Only cost for effective* outcome matters. And if your lines of code have a cost, you would want fewer lines of code to achieve the outcome, not more.
Are you sure you disagree with that?
* If your place of work starts talking "efficiency"**, run. Find somewhere the conversation is *effectiveness* — at the goal/outcome level.
** Not to mention that "efficiencies" is MBA speak for "right sizing" away effectiveness.
I haven't seen "just absorb a giant ball of context and do the right thing the first time" be cracked yet, even for Opus 4.7.
At the end of the day, code is code, and we have decades of lessons about how to make code more reliable and maintainable. Composable small modules, not god methods, are still the way to go, and they reward devs who use them to get focused context for agents with faster - and often better - results.
Exactly.
No more than sitting down and writing code before a product concept or spec or architecture comes out right the first time, or fifth.
Absorb the concept, make a shape of outcome, then a spec, then hold its hand to architect a series of iterations, either component by component or thin vertical slice or whatever combination lets you iterate in working increments...
Your brain, machine leverage. After all, it types faster than you. But it should type what you want.
You know what it should type, right? If you don't, you're gonna have a bad time anyway.
The whole industry is adjusting to the reality that the expected output of an engineer is much higher than it used to be. It’s not local to one company. You may find a better environment for the time being, but this is the direction everything is headed.
But I'd agree that everyone can start planning a career shift that'll span a few months to some years in order to seek better working conditions. Passively accepting all work degradation because that's life and money is needed is partly responsible for the current situation too.

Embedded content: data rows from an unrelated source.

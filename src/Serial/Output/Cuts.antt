-- ===== src/Serial/Output/Cuts.antt =====
-- Where the markers of a report stand, and where they do not (forge-executor/src/firecracker.rs).
use apeiron.Base.{◌≡◌, refl, none, some, ◌∷◌, ◌++◌, arith, Bytes, append-nil, Lacks, codes}
use apeiron.Serial.Search.Find.{find, starts_with}
use apeiron.Serial.Search.Split.{after, before, find-Lacks, after-append, before-append}
use apeiron.Serial.Output.{crlf, exit_marker, stdout_start, stdout_end, stderr_start, stderr_end}

-- Cutting at the start of each section, at the end of each, and at the exit code.
pub stdout_cut : (x : Bytes) → after (stdout_start ++ crlf) (stdout_start ++ (crlf ++ x)) ≡ some x
unfolding after starts_with
stdout_cut x = refl

pub stderr_cut : (x : Bytes) → after (stderr_start ++ crlf) (stderr_start ++ (crlf ++ x)) ≡ some x
unfolding after starts_with
stderr_cut x = refl

pub stdout_stop :
    (body x : Bytes) → Lacks b'_' body → before stdout_end (body ++ (stdout_end ++ x)) ≡ some body
stdout_stop body x h =
    rw
      (before-append b'F' (codes "ORGE_STDOUT_B64_END") body _ (omega arith)
        (find-Lacks (codes "FORGE") (codes "STDOUT_B64_END") body b'_' h))
      (unfold before starts_with in rw append-nil)

pub stderr_stop :
    (body x : Bytes) → Lacks b'_' body → before stderr_end (body ++ (stderr_end ++ x)) ≡ some body
stderr_stop body x h =
    rw
      (before-append b'F' (codes "ORGE_STDERR_B64_END") body _ (omega arith)
        (find-Lacks (codes "FORGE") (codes "STDERR_B64_END") body b'_' h))
      (unfold before starts_with in rw append-nil)

-- No later marker begins in an earlier section or its end.
pub stderr_not_in_stdout :
    (body : Bytes)
    → Lacks b'_' body
    → find (stderr_start ++ crlf) (stdout_start ++ (crlf ++ body)) ≡ none
unfolding find starts_with
stderr_not_in_stdout body h =
    let e = find-Lacks (codes "FORGE") (codes "STDERR_B64_START" ++ crlf) body b'_' h in rw e

pub exit_not_in_stdout :
    (body : Bytes) → Lacks b'_' body → find exit_marker (stdout_start ++ (crlf ++ body)) ≡ none
unfolding find starts_with
exit_not_in_stdout body h = let e = find-Lacks (codes "FORGE") (codes "EXIT:") body b'_' h in rw e

pub exit_not_in_stderr :
    (body : Bytes) → Lacks b'_' body → find exit_marker (stderr_start ++ (crlf ++ body)) ≡ none
unfolding find starts_with
exit_not_in_stderr body h = let e = find-Lacks (codes "FORGE") (codes "EXIT:") body b'_' h in rw e

pub ends_have_no_marker :
    (find (stderr_start ++ crlf) (stdout_end ++ crlf) ≡ none)
    × (find exit_marker (stdout_end ++ crlf) ≡ none)
    × (find exit_marker (stderr_end ++ crlf) ≡ none)
unfolding find starts_with
ends_have_no_marker = (refl, refl, refl)

-- A search that finds nothing before a text which begins with `F` goes on in that text.
pub skip_stderr :
    (a b : Bytes)
    → find (stderr_start ++ crlf) a ≡ none
    → after (stderr_start ++ crlf) (a ++ b'F' ∷ b) ≡ after (stderr_start ++ crlf) (b'F' ∷ b)
skip_stderr a b = after-append b'F' (codes "ORGE_STDERR_B64_START" ++ crlf) a b (omega arith)

pub skip_exit :
    (a b : Bytes)
    → find exit_marker a ≡ none
    → after exit_marker (a ++ b'F' ∷ b) ≡ after exit_marker (b'F' ∷ b)
skip_exit a b = after-append b'F' (codes "ORGE_EXIT:") a b (omega arith)
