-- ===== src/Serial/Output/Report.antt =====
-- What the init script of `execute_command` (forge-executor/src/firecracker.rs) prints on the serial
-- console, and that the parser reads it back.
use mathlib.Core.Path.{subst}
use apeiron.Base.{
  ℕ, ◌<◌, ◌≡◌, ◌≢◌, refl, sym, false, Option, none, some, [], ◌∷◌, ◌++◌, arith, Bytes, All, Lacks,
  codes, Bool-cases, inl, inr,
}
use apeiron.Base.Int.{ℤ, IsI32}
use apeiron.Base.Outcome.{value}
use apeiron.Std.Decimal.{show_i32}
use apeiron.Std.Decimal.RoundTrip.{show_i32-visible}
use apeiron.Serial.Search.Find.{find}
use apeiron.Serial.Search.Split.{after-append}
use apeiron.Serial.Output.{
  crlf, is_line_break, strip_line_breaks, exit_marker, parse_execution_output, all_or_raw,
  stdout_start, stdout_end, stderr_start, stderr_end,
}
use apeiron.Serial.Output.Sections.{
  section_between, decoded_section, exit_code_of, parse_execution_output-all_or_raw,
}
use apeiron.Serial.Output.Line.{first_line-append, parse_line-show_i32, exit_cut}
use apeiron.Serial.Output.Cuts.{
  stdout_cut, stderr_cut, stdout_stop, stderr_stop, stderr_not_in_stdout, exit_not_in_stdout,
  exit_not_in_stderr, ends_have_no_marker, skip_stderr, skip_exit,
}

-- The crate `base64` with its standard alphabet, which has no underscore and no line break.
pub record Base64 : Type 0 where
  pub encode : Bytes → Bytes
  pub decode : Bytes → Option Bytes
  pub decode-encode : (bs : Bytes) → All (λ b. b < 256) bs → decode (encode bs) ≡ some bs
  pub encode-Lacks : (bs : Bytes) → Lacks b'_' (encode bs)
  pub encode_unbroken : (bs : Bytes) → All (λ c. is_line_break c ≡ false) (encode bs)

-- The lines of the script, each ended by the console with `\r\n`. The body is the output of `base64`.
abbrev pub section : Bytes → Bytes → Bytes → Bytes → Bytes
section start body end rest = start ++ (crlf ++ (body ++ (end ++ (crlf ++ rest))))

abbrev pub report : Bytes → Bytes → Bytes → ℤ → Bytes → Bytes
report noise out_body err_body exit_code rest =
    noise
    ++ section stdout_start out_body stdout_end (
        section stderr_start err_body stderr_end
          (exit_marker ++ (show_i32 exit_code ++ (crlf ++ rest))))

Lacks-keep :
    (b c : ℕ) (bs : Bytes)
    → is_line_break b ≡ false
    → Lacks c (strip_line_breaks (b ∷ bs))
    → (b ≢ c) × Lacks c (strip_line_breaks bs)
unfolding strip_line_breaks
Lacks-keep b c bs k h = rw k at h

Lacks-strip :
    (c : ℕ) (bs : Bytes) → is_line_break c ≡ false → Lacks c (strip_line_breaks bs) → Lacks c bs
unfolding strip_line_breaks
Lacks-strip c [] e h = tt
Lacks-strip c (b ∷ bs) e h = elim (Bool-cases (is_line_break b)) [
  | inl k ↦ (λ p. cc, Lacks-strip c bs e (rw k at h))
  | inr k ↦ let (hb, t) = Lacks-keep b c bs k h in (hb, Lacks-strip c bs e t)
]

module _ (noise out_body err_body rest : Bytes) (exit_code : ℤ) (out_Lacks : Lacks b'_' out_body)
    (err_Lacks : Lacks b'_' err_body) where
  stdout_section :
      find (stdout_start ++ crlf) noise ≡ none
      → section_between stdout_start stdout_end (report noise out_body err_body exit_code rest)
        ≡ some out_body
  unfolding section_between
  stdout_section quiet =
      rw
        (
          after-append b'F' (codes "ORGE_STDOUT_B64_START" ++ crlf) noise _ (omega arith) quiet,
          stdout_cut _,
        )
        (stdout_stop out_body _ out_Lacks)

  stderr_section :
      find (stderr_start ++ crlf) noise ≡ none
      → section_between stderr_start stderr_end (report noise out_body err_body exit_code rest)
        ≡ some err_body
  unfolding section_between
  stderr_section quiet =
      rw
        (
          skip_stderr noise _ quiet,
          skip_stderr (stdout_start ++ (crlf ++ out_body)) _
              (stderr_not_in_stdout out_body out_Lacks),
          skip_stderr (stdout_end ++ crlf) _ ends_have_no_marker.0,
          stderr_cut _,
        )
        (stderr_stop err_body _ err_Lacks)

  exit_code_read :
      find exit_marker noise ≡ none
      → IsI32 exit_code
      → exit_code_of (report noise out_body err_body exit_code rest) ≡ some exit_code
  unfolding exit_code_of
  exit_code_read quiet fits =
      rw
        (
          skip_exit noise _ quiet,
          skip_exit (stdout_start ++ (crlf ++ out_body)) _ (exit_not_in_stdout out_body out_Lacks),
          skip_exit (stdout_end ++ crlf) _ ends_have_no_marker.1,
          skip_exit (stderr_start ++ (crlf ++ err_body)) _ (exit_not_in_stderr err_body err_Lacks),
          skip_exit (stderr_end ++ crlf) _ ends_have_no_marker.2,
          exit_cut _,
          first_line-append (show_i32 exit_code) (10 ∷ rest) (show_i32-visible exit_code),
        )
        (parse_line-show_i32 exit_code fits)

module _ (b : Base64) where
  open b use {encode, decode}

  Lacks-body : (body bs : Bytes) → strip_line_breaks body ≡ encode bs → Lacks b'_' body
  Lacks-body body bs e =
      Lacks-strip b'_' body not_break (subst (Lacks b'_') (sym e) (b.encode-Lacks bs))
    where
      not_break : is_line_break b'_' ≡ false
      not_break = unfold is_line_break in refl

  decoded-body :
      (sm em raw body bs : Bytes)
      → section_between sm em raw ≡ some body
      → strip_line_breaks body ≡ encode bs
      → All (λ c. c < 256) bs
      → decoded_section decode sm em raw ≡ some bs
  unfolding decoded_section
  decoded-body sm em raw body bs cut e h = rw (cut, e) (b.decode-encode bs h)

  -- What the init script prints is read back: the parser returns the command's two outputs, byte
  -- for byte, and its exit code. The outputs are bytes and the exit code is an `i32`; the bodies
  -- are the Base64 text of the outputs, broken into lines in any way; before the report the
  -- console may have written anything in which no start marker and no exit marker stands, and
  -- anything may follow.
  pub parse_execution_output-report :
      (noise stdout stderr out_body err_body rest : Bytes) (exit_code : ℤ)
      → All (λ c. c < 256) stdout
      → All (λ c. c < 256) stderr
      → IsI32 exit_code
      → strip_line_breaks out_body ≡ encode stdout
      → strip_line_breaks err_body ≡ encode stderr
      → find (stdout_start ++ crlf) noise ≡ none
      → find (stderr_start ++ crlf) noise ≡ none
      → find exit_marker noise ≡ none
      → parse_execution_output decode (report noise out_body err_body exit_code rest)
        ≡ value (stdout, stderr, exit_code)
  unfolding all_or_raw
  parse_execution_output-report noise stdout stderr ob eb rest code hout herr hcode eo ee q0 q1 q2 =
      let lo = Lacks-body ob stdout eo in
      let le = Lacks-body eb stderr ee in
      let raw = report noise ob eb code rest in
      rw (
        parse_execution_output-all_or_raw decode raw,
        decoded-body stdout_start stdout_end raw ob stdout
            (stdout_section noise ob eb rest code lo le q0) eo hout,
        decoded-body stderr_start stderr_end raw eb stderr
            (stderr_section noise ob eb rest code lo le q1) ee herr,
        exit_code_read noise ob eb rest code lo le q2 hcode,
      )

Coding faster leads to less understanding and higher long-term risk. Source-Code amnesia is real, and there’s a time requirement to really understand and appreciate what a system is actually doing.
I’ve been able to implement very large features using frontier models, but the code needs to always be revisited.
AI can do two things: find vulnerabilities, and prototype code. It cannot design software, and any appearance of such is an illusion at best.
We don’t need to produce faster to be successful, we need to create better, long lasting products.
Copilot switches to API pricing starting next month (let's see how long it will last for our $39, and $19 since September), Anthropic switches all corps into API based pricing. From the most popular choices I think only Codex didn't switch yet (although it is hard to tell because I don't know their enterprise pricing).
Consumer sentiment is in the gutters certainly. But objective measures of the economy like unemployment and real wages look good to excellent
Curious what industry that is.
I've been getting by on the $200/year plan by smoothing usage continuously over time.
The pay per use is for the API so does it mean you're using the API in a custom setup?
When you consider that xAI's old data center was enough to bring Anthropic back ahead, it tells me Microsoft could host their own on underutilized previous gen GPUs that are sitting there wasting server real estate.
I don't buy it. Old models such as GPT4.1 were faster than newer reasoning models, and their output was as good. Newer models end up wasting an ungodly amount of time with chain-of-thought steps which can be a complete waste of time if you have a structured prompt such as a plan or a spec.
My experience in the real world is that users have to ration requests, and x0 models actually tend to be used far more because expensive models are left for more complex tasks.